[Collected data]
☆ ☆ ☆ ☆

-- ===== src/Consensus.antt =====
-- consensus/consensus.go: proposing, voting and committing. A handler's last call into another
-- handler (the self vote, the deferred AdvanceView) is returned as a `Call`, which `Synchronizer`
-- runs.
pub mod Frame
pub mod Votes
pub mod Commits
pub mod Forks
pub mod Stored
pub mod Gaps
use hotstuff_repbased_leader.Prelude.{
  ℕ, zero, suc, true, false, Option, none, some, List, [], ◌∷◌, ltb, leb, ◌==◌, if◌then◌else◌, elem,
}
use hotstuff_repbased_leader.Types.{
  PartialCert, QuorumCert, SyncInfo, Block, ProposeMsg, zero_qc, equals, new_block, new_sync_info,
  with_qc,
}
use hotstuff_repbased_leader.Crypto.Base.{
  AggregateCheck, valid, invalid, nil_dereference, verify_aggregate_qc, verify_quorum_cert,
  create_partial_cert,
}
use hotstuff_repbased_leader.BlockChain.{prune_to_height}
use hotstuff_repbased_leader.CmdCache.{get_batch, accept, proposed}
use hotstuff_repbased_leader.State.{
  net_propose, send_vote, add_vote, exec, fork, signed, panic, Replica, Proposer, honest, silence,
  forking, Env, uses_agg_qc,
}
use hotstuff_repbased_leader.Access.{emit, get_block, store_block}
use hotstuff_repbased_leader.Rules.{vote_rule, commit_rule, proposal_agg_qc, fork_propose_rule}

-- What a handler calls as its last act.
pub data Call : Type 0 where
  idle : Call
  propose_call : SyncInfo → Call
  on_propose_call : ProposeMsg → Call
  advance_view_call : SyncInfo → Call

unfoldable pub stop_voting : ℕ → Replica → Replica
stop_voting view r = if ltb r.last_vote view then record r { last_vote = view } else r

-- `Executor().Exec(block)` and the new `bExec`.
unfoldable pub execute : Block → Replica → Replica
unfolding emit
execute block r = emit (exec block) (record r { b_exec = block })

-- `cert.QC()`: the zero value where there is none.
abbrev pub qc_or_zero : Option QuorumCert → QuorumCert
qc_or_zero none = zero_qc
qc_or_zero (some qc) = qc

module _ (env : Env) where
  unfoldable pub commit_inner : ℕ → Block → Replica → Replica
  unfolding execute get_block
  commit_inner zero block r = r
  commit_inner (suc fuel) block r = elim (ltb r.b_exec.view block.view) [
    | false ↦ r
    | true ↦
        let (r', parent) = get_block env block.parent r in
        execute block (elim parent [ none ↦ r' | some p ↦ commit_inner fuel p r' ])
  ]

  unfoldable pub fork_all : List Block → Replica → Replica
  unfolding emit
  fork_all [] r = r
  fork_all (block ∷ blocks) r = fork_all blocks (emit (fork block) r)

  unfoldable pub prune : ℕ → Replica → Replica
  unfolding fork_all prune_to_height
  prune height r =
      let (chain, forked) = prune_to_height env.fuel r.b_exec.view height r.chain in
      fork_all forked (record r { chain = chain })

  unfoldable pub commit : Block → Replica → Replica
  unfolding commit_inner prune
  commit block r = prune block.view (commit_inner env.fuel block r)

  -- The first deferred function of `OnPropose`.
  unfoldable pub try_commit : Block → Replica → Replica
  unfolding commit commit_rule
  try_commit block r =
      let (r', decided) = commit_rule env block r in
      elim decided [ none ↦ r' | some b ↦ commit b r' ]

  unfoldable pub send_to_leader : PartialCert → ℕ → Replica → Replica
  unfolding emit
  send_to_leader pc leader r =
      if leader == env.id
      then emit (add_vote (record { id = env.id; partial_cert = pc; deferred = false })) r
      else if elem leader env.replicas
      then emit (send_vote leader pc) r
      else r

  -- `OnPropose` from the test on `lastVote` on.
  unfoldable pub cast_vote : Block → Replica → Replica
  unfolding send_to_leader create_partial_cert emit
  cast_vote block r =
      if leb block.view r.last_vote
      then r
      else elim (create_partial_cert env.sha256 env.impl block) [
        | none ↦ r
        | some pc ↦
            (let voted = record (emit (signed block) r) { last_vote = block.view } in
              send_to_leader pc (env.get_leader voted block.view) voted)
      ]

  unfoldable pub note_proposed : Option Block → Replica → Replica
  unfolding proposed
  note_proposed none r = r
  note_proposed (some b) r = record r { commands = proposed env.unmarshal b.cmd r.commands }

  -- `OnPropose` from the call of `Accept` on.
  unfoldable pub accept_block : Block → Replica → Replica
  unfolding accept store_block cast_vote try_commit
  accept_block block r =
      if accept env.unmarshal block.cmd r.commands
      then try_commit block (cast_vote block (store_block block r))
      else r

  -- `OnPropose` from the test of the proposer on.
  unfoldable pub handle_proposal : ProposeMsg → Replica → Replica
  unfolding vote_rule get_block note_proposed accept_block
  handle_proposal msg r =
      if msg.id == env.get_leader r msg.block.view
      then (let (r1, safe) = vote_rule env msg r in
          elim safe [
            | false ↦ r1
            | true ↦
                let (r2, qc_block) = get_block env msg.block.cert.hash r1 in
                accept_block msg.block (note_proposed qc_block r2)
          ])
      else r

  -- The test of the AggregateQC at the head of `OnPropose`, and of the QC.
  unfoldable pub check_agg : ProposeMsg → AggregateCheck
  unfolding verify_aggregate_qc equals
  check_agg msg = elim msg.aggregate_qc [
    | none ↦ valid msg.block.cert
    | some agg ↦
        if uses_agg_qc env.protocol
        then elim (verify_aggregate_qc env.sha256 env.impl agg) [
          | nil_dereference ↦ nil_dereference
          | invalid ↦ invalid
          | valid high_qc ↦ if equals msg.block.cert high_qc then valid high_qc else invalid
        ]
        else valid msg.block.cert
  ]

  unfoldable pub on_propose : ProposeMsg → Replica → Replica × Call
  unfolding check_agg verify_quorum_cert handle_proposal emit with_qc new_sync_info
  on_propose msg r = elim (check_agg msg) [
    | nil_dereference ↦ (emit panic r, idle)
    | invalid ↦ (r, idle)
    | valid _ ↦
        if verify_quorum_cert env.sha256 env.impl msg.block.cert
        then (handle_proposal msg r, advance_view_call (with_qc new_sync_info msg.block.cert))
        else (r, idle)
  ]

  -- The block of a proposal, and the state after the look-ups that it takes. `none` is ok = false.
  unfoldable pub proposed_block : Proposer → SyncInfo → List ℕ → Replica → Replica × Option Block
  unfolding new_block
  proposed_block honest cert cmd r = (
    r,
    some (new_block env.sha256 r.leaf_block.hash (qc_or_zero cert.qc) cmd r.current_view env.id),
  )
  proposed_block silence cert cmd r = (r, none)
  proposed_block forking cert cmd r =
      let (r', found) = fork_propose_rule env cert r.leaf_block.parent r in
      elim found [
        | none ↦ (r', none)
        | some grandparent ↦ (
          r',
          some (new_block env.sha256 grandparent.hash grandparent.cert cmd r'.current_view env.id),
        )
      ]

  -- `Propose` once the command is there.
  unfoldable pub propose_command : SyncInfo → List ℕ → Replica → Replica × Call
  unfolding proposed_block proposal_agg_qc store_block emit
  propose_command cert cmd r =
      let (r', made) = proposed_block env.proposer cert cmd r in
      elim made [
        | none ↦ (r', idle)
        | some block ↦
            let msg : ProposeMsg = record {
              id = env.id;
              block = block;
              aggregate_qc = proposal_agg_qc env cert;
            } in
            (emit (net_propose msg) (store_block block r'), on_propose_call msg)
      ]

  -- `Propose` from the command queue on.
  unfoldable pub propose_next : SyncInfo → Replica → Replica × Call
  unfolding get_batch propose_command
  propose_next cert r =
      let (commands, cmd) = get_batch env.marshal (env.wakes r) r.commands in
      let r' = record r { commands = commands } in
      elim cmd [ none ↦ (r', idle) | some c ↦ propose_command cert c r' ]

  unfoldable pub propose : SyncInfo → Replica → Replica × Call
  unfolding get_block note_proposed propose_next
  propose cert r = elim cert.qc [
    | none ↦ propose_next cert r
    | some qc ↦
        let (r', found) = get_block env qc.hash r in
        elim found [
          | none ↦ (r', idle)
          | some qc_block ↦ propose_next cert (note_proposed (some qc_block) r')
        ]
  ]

☆ ☆ ☆ ☆

- Required work -
The lines above, starting at the one with "stop_voting view r" and ending at the one with "execute block r", are the only ones to return, exactly as written.

- Result for this task -
stop_voting view r = if ltb r.last_vote view then record r { last_vote = view } else r

-- `Executor().Exec(block)` and the new `bExec`.
unfoldable pub execute : Block → Replica → Replica
unfolding emit
execute block r = emit (exec block) (record r { b_exec = block })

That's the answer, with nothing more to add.